Our findings suggest that cumulative exposure to risk factors over time is a more accurate predictor of CVD than single-point assessments. For instance, long-term exposure to elevated LDL cholesterol and blood pressure has a stronger association with cardiovascular events. This insight emphasizes the need for longitudinal monitoring and a life course approach to CVH assessment. Healthcare providers should consider cumulative risk in their prevention strategies, focusing on sustained lifestyle interventions and regular monitoring of risk factors.

Incorporating personalized prevention elements offers promising avenues to address the CVH paradox:

1. Markers of Subclinical Vascular Disease: Early detection of subclinical vascular changes, such as arterial stiffness and endothelial dysfunction, can identify individuals at high risk for CVD before clinical symptoms appear. Routine screening using these markers could improve early intervention strategies and prevent disease progression.
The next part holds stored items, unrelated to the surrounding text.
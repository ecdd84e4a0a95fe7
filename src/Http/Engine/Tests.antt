-- ===== src/Http/Engine/Tests.antt =====
-- The theorems of the engine's registry at concrete inputs.
use download_wrapper.Base.{◌≡◌, refl, ◌↔◌, some, true, false, [], ◌∷◌}
use download_wrapper.Base.Int.{pos}
use download_wrapper.Text.{codes, text_eq}
use download_wrapper.Http.Task.{TaskCtx, task_create_new}
use download_wrapper.Http.Resume.{no_resume}
use download_wrapper.Http.Engine.{Registry, Host, lookup, sweep, start_download}
use download_wrapper.Http.Engine.Registry.{Started, start_download-Started}
use download_wrapper.Http.Engine.Sweep.{IsMap, Stays, sweep-Stays}

abbrev running_ctx : TaskCtx
running_ctx = task_create_new (codes "a") (codes "c") (codes "/d")

abbrev paused_ctx : TaskCtx
paused_ctx = record (task_create_new (codes "b") (codes "c") (codes "/d")) {
  pause_req = true;
  thread_done = true;
}

abbrev two_transfers : Registry
two_transfers = (codes "a", running_ctx) ∷ (codes "b", paused_ctx) ∷ []

two_transfers-IsMap : IsMap two_transfers
unfolding lookup text_eq
two_transfers-IsMap = (refl, (refl, tt))

-- The transfer that runs stays.
sweep-Stays_example :
    (lookup (codes "a") (sweep true (pos 9000) two_transfers) ≡ some running_ctx)
    ↔ ((lookup (codes "a") two_transfers ≡ some running_ctx) × Stays (pos 9000) running_ctx)
sweep-Stays_example =
    sweep-Stays (pos 9000) two_transfers two_transfers-IsMap (codes "a") running_ctx

abbrev a_host : Host
a_host = record {
  client_id = codes "c";
  ensure_running = true;
  manager = true;
  deleting = false;
  mkdir_recursive = λ p. true;
  can_open = λ p. false;
  decode = λ s. no_resume;
  replace_task = true;
}

start_download-Started_example :
    Started
      (codes "b")
      two_transfers
      (start_download a_host true (codes "b") (codes "/d") [] two_transfers)
start_download-Started_example =
    start_download-Started (codes "b") a_host true (codes "/d") [] two_transfers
The integration of personalized prevention elements into CVH assessments has significant implications for clinical practice and public health. Personalized approaches can lead to more accurate risk predictions, enabling tailored interventions that address individual risk profiles. This shift towards precision medicine in CVD prevention can improve patient outcomes and reduce healthcare costs by preventing disease progression and complications.

Future research should focus on developing and validating comprehensive risk models that incorporate traditional risk factors, subclinical markers, metabolic biomarkers, genetic information, and environmental exposures. Large-scale studies and clinical trials are needed to establish the effectiveness of these personalized prevention strategies in diverse populations.
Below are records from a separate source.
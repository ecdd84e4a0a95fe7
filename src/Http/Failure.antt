-- ===== src/Http/Failure.antt =====
-- `classify_failure` of src/http/http_engine_impl.cpp.
use download_wrapper.Base.{Bool, true, false, ◌&&◌, ◌||◌, if◌then◌else◌}
use download_wrapper.Base.Int.{ℤ, pos, leb_ℤ, eqb_ℤ}
use download_wrapper.Api.{Reason}

-- The values of `CURLcode` that the code names; `other` is any further one.
pub data CurlCode : Type 0 where
  ok http_returned_error couldnt_resolve_host couldnt_resolve_proxy couldnt_connect : CurlCode
  operation_timedout recv_error send_error partial_file got_nothing : CurlCode
  ssl_connect_error peer_failed_verification write_error other : CurlCode

-- The reason, and `*retryable`, for a response that arrived.
unfoldable pub classify_http : ℤ → Reason × Bool
classify_http http_code =
    if leb_ℤ (pos 500) http_code && leb_ℤ http_code (pos 599)
    then (Reason.network, true)
    else if eqb_ℤ http_code (pos 408) || eqb_ℤ http_code (pos 429)
    then (Reason.network, true)
    else if eqb_ℤ http_code (pos 401) || eqb_ℤ http_code (pos 403)
    then (Reason.auth, false)
    else (Reason.general, false)

unfoldable pub classify_failure : CurlCode → ℤ → Reason × Bool
unfolding classify_http
classify_failure CurlCode.ok http_code = classify_http http_code
classify_failure CurlCode.http_returned_error http_code = classify_http http_code
classify_failure CurlCode.couldnt_resolve_host _ = (Reason.network, true)
classify_failure CurlCode.couldnt_resolve_proxy _ = (Reason.network, true)
classify_failure CurlCode.couldnt_connect _ = (Reason.network, true)
classify_failure CurlCode.operation_timedout _ = (Reason.network, true)
classify_failure CurlCode.recv_error _ = (Reason.network, true)
classify_failure CurlCode.send_error _ = (Reason.network, true)
classify_failure CurlCode.partial_file _ = (Reason.network, true)
classify_failure CurlCode.got_nothing _ = (Reason.network, true)
classify_failure CurlCode.ssl_connect_error _ = (Reason.network, true)
classify_failure CurlCode.peer_failed_verification _ = (Reason.network, true)
classify_failure CurlCode.write_error _ = (Reason.general, false)
classify_failure CurlCode.other _ = (Reason.general, false)

abbrev pub is_ok : CurlCode → Bool
is_ok CurlCode.ok = true
is_ok _ = false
Future studies are needed to gain more insight into the CVH paradox by: 1) describing the prevalence of the CVH paradox; and 2) investigating the mechanisms underlying the CVH paradox by evaluating a panel of potential causes across various geographical settings.

The achievement of these goals would require optimal identification of high CVD risk patients, at early stages of life and as precisely as possible (notion of “full health maintenance from before birth to golden years”). Therefore, it is crucial to combine the traditional risk factors with subclinical and circulating intermediary biomarkers, genetics, epigenetics and more broadly the exposome of each individual.
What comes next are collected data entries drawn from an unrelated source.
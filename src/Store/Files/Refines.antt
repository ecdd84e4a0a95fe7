-- ===== src/Store/Files/Refines.antt =====
-- The store as a map from keys to files, and that the table behaves like it.
use mathlib.Core.Path.{fun_ext}
use download_wrapper.Base.{
  ◌≡◌, refl, ap, ap₂, subst, ◌∙◌, inl, inr, Bool, true, false, ◌||◌, Option, none, some, List, [],
  ◌∷◌, All, Bool-cases, if◌then◌else◌, arith,
}
use download_wrapper.Base.Int.{ℤ, pos, ltb_ℤ}
use download_wrapper.Text.{Text, text_eq, is_empty}
use download_wrapper.Manager.TaskFile.{TaskFile}
use download_wrapper.Store.Payload.{Json, read_task_file}
use download_wrapper.Store.Payload.Restore.{IsStorable, read_task_file-file_payload}
use download_wrapper.Store.Files.{
  Row, Sqlite, has_key, on_conflict, insert_row, update_row, select_row, delete_rows, found,
  read_row, row_of, valid, save, save_rows, upsert, update, erase, find,
}
use download_wrapper.Store.Files.Counted.{Counts, live_count-Counts}
use download_wrapper.Store.Files.Keys.{
  same_key, same_key_sound, has_key_sound, lookup_row, merged, updated, tombstone, live_row,
  IsKeyed, lookup_row-insert_row, lookup_row-update_row, lookup_row-delete_rows,
  select_row-lookup_row, insert_row-IsKeyed, update_row-IsKeyed, delete_rows-IsKeyed,
}

-- The operations that write.
pub data Command (Rate : Type 0) : Type 0 where
  save_all : List (TaskFile Rate) → Command Rate
  save_valid : TaskFile Rate → Command Rate
  change : Text → ℤ → TaskFile Rate → Command Rate
  remove : Text → Command Rate

-- What the store knows under a key: nothing, that the file was deleted, or the file, with the mark that
-- it was read.
pub data Entry (Rate : Type 0) : Type 0 where
  absent : Entry Rate
  deleted : Entry Rate
  live : Bool → Option (TaskFile Rate) → Entry Rate

abbrev pub Entries : Type 0 → Type 0
Entries Rate = Text → ℤ → Entry Rate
The growing accessibility of detailed information such as polygenic risk scores holds the promise to shift the perspective of CVD prevention towards a more individualized practice, although more progress needs to be made to render affordable and accessible mass assessment of other emerging markers. It is of primary importance for public health that the CVH paradox be better understood and addressed in order to reduce CVD morbidity and mortality. Prevention specialists have recognized the importance of applying a more individualized preventive care, yet, it remains to be acted upon and given more awareness for concrete implementation [75]. In order for personalized prevention to succeed, it is necessary to understand the mechanisms behind the approach and to ensure effective communication is being upheld between researchers, physicians, and patients. Widespread adoption of personalized prevention is a major untaking that requires both an international and a multidisciplinary effort. Specifically, personalized prevention is a public health priority, that would require involvement and support from politicians, public health officials, non-governmental organizations, scientists, epidemiologists, clinicians, and community members and stakeholders. Although it may be difficult and costly to carry out such a precise method of prevention in the short-term, implementation strategies should be uncomplicated, inexpensive with a long-term perspective to maximize sustainability impact that includes lowering the overall healthcare and economic burden that is associated with CVD.